En la sala de obras maestras, los autores que Dalí coleccionó. No me parece muy relevante que sean estos u otros. Fueron los que probablemente le salieron al paso. Imagino que él se buscó el de Bouguereau que le entusiasmaba. Es algo sorprendente salvo que viera en los desnudos del amanerado pintor francés premoniciones de Gala. Dalí, en realidad, veía cualquier cosa en cualquier parte, a veces dos. Recuérdese el desnudo de Gala de espaldas que, cuando te alejas 20 metros, se convierte en Abraham Lincoln.

En el Palau al Vent, el fresco del techo es algo asombroso. El propio Dalí y Gala sosteniendo la bóveda del mundo y el sol que irradia su luz, todo en la perspectiva obligada de sotto in sú, que convive con multitud de figuras colaterales, adyacentes, también cargadas de simbología y significado, incluido un autorretrato de Dalí con Gala, sentados en el bordel universo, viendo el mundo. El resto del espacio, objetos que son obras de arte por sí mismas contribuyendo a otras obras de arte hasta llegar a la exquisitez del objeto surrealista de funcionamiento simbólico (1931). Sobre el lecho, ¡y qué lecho!, con patas de tritones, una reproducción de la persistencia de la memoria (1931), cuyos relojes blandos han llegado a ser tan representativos de Dalí como sus bigotes. Al salir de la sala, una vitrina con el motivo del Ángelus, de Millet y un ejemplar de su libro dedicado a esta obra como exposición del método paranoico-crítico. Vuelve Freud en la interpretación del rezo de los dos campesinos franceses pues, sostiene Dalí, lo que están haciendo es enterrando un niño.

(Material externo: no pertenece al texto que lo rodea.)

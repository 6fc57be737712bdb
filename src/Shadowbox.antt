-- ===== src/Shadowbox.antt =====
-- server_manager/web_app/shadowbox_server.ts: the manager's view of a server, as the configuration that
-- it keeps and the requests that it sends. A method with an `await` is two functions, before it and
-- after it.
pub mod AccessKeys
pub mod Remote
pub mod Arriving
pub mod Replaying
mod Tests
use Prim.Native.String.{◌++◌}
use pepper_vpn_client.Common.{
  ℕ, String, Bool, true, false, Option, none, some, List, [], ◌∷◌, if◌then◌else◌,
}
use pepper_vpn_client.Common.Map
use pepper_vpn_client.Common.Exec.{Result, ok, err}
use pepper_vpn_client.PathApi.{ApiError}

-- `ServerConfigJson`; a limit is its number of bytes
pub record ServerConfig : Type 0 where
  pub name : String
  pub metrics_enabled : Bool
  pub server_id : String
  pub created_timestamp_ms : ℕ
  pub port_for_new_access_keys : Option ℕ
  pub hostname_for_access_keys : Option String
  pub version : String
  pub access_key_data_limit : Option ℕ

pub data Body : Type 0 where
  no_body : Body
  name_form name_body hostname_body : String → Body
  limit_body port_body : ℕ → Body
  metrics_body : Bool → Body

pub record Request : Type 0 where
  pub path : String
  pub method : String
  pub body : Body

-- `base` is the address of the API, once `setManagementApi` was called.
pub record ShadowboxServer : Type 0 where
  pub id : String
  pub base : Option String
  pub server_config : Option ServerConfig
  pub requests : List Request

pub data Failure : Type 0 where
  failed : ApiError → Failure
  type_error : Failure

abbrev pub Called : Type 0
Called = ShadowboxServer × Result Failure (Unit {0})

unfoldable pub new_shadowbox_server : String → ShadowboxServer
new_shadowbox_server id = record { id = id; base = none; server_config = none; requests = [] }

unfoldable pub set_management_api : String → ShadowboxServer → ShadowboxServer
set_management_api base s = record s { base = some base }

-- A call of the API, up to its answer.
abbrev pub send : Request → ShadowboxServer → Called
send request s = elim s.base [
  | none ↦ (s, err type_error)
  | some _ ↦ (record s { requests = request ∷ s.requests }, ok tt)
]

-- What a setter changes.
pub data Change : Type 0 where
  name_to hostname_to : String → Change
  metrics_to : Bool → Change
  port_to limit_to : ℕ → Change
  no_limit : Change

-- `getDefaultDataLimitPath`; `gte` is the comparison of versions
unfoldable pub default_data_limit_path : (String → String → Bool) → String → String
default_data_limit_path gte version =
    if gte version "1.4.0"
    then "server/access-key-data-limit"
    else "experimental/access-key-data-limit"

unfoldable pub request_of : (String → String → Bool) → String → Change → Request
unfolding default_data_limit_path
request_of gte version (name_to name) = record {
  path = "name";
  method = "PUT";
  body = name_body name;
}
request_of gte version (hostname_to hostname) = record {
  path = "server/hostname-for-access-keys";
  method = "PUT";
  body = hostname_body hostname;
}
request_of gte version (metrics_to on) = record {
  path = "metrics/enabled";
  method = "PUT";
  body = metrics_body on;
}
request_of gte version (port_to port) = record {
  path = "server/port-for-new-access-keys";
  method = "PUT";
  body = port_body port;
}
request_of gte version (limit_to limit) = record {
  path = default_data_limit_path gte version;
  method = "PUT";
  body = limit_body limit;
}
request_of gte version no_limit = record {
  path = default_data_limit_path gte version;
  method = "DELETE";
  body = no_body;
}

unfoldable pub apply_change : Change → ServerConfig → ServerConfig
apply_change (name_to name) c = record c { name = name }
apply_change (hostname_to hostname) c = record c { hostname_for_access_keys = some hostname }
apply_change (metrics_to on) c = record c { metrics_enabled = on }
apply_change (port_to port) c = record c { port_for_new_access_keys = some port }
apply_change (limit_to limit) c = record c { access_key_data_limit = some limit }
apply_change no_limit c = record c { access_key_data_limit = none }

-- The write of the configuration, which is not there before the server was found healthy.
unfoldable pub write_config : Change → ShadowboxServer → Called
unfolding apply_change
write_config change s = elim s.server_config [
  | none ↦ (s, err type_error)
  | some c ↦ (record s { server_config = some (apply_change change c) }, ok tt)
]

-- A setter up to its answer. `setHostnameForAccessKeys` writes the configuration first, and the path
-- of the data limit is by the version in the configuration.
unfoldable pub setter_begins : (String → String → Bool) → Change → ShadowboxServer → Called
unfolding request_of write_config
setter_begins gte (hostname_to hostname) s =
    let (written, outcome) = write_config (hostname_to hostname) s in
    elim outcome [
      | ok _ ↦ send (request_of gte "" (hostname_to hostname)) written
      | err e ↦ (written, err e)
    ]
setter_begins gte (limit_to limit) s = elim s.server_config [
  | none ↦ (s, err type_error)
  | some c ↦ send (request_of gte c.version (limit_to limit)) s
]
setter_begins gte no_limit s = elim s.server_config [
  | none ↦ (s, err type_error)
  | some c ↦ send (request_of gte c.version no_limit) s
]
setter_begins gte change s = send (request_of gte "" change) s

unfoldable pub setter_ends : Change → Result ApiError (Unit {0}) → ShadowboxServer → Called
unfolding write_config
setter_ends change (ok _) s = write_config change s
setter_ends change (err e) s = (s, err (failed e))

-- What a call of `isHealthy` meets. The promise is settled by the first of them, and a configuration
-- is kept whenever it comes.
pub data HealthEvent : Type 0 where
  config_arrives : ServerConfig → HealthEvent
  config_fails time_is_over : HealthEvent

abbrev pub fulfill : Bool → Option Bool → Option Bool
fulfill healthy none = some healthy
fulfill healthy (some before) = some before

unfoldable pub health_event :
    HealthEvent → ShadowboxServer × Option Bool → ShadowboxServer × Option Bool
health_event (config_arrives c) (s, answer) =
    (record s { server_config = some c }, fulfill true answer)
health_event config_fails (s, answer) = (s, fulfill false answer)
health_event time_is_over (s, answer) = (s, fulfill false answer)

-- `getHostnameForAccessKeys`; `hostname_of` is the host name of an address, if it parses
unfoldable pub get_hostname_for_access_keys : (String → Option String) → ShadowboxServer → String
get_hostname_for_access_keys hostname_of s =
    let of_api : String = elim s.base [
      | none ↦ ""
      | some base ↦ elim (hostname_of base) [ some hostname ↦ hostname | none ↦ "" ]
    ] in
    elim s.server_config [
      | none ↦ of_api
      | some c ↦ elim c.hostname_for_access_keys [ some hostname ↦ hostname | none ↦ of_api ]
    ]

unfoldable pub get_port_for_new_access_keys : ShadowboxServer → Option ℕ
get_port_for_new_access_keys s = elim s.server_config [
  | none ↦ none
  | some c ↦ c.port_for_new_access_keys
]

Cuando ya no le quedan a uno fuerzas, atrapado entre tanta maravilla reinventada, trastocada, cambiada de lugar, reconstruida, atraviesa la Torre Galatea, con su princesa cibernética, hecha a base de circuitos y chips y su reproducción del templete de Bramante como un pabellón carmesí. 

Vuelto a la realidad de un mundo anodino, hay que reconocer que jamás agradeceremos suficientemente los tesoros que los genios nos regalan con su obras, pues su contemplación nos cambia la vida. Nos hace otros. 


(La imagen es una foto de Markoh K. Marrero).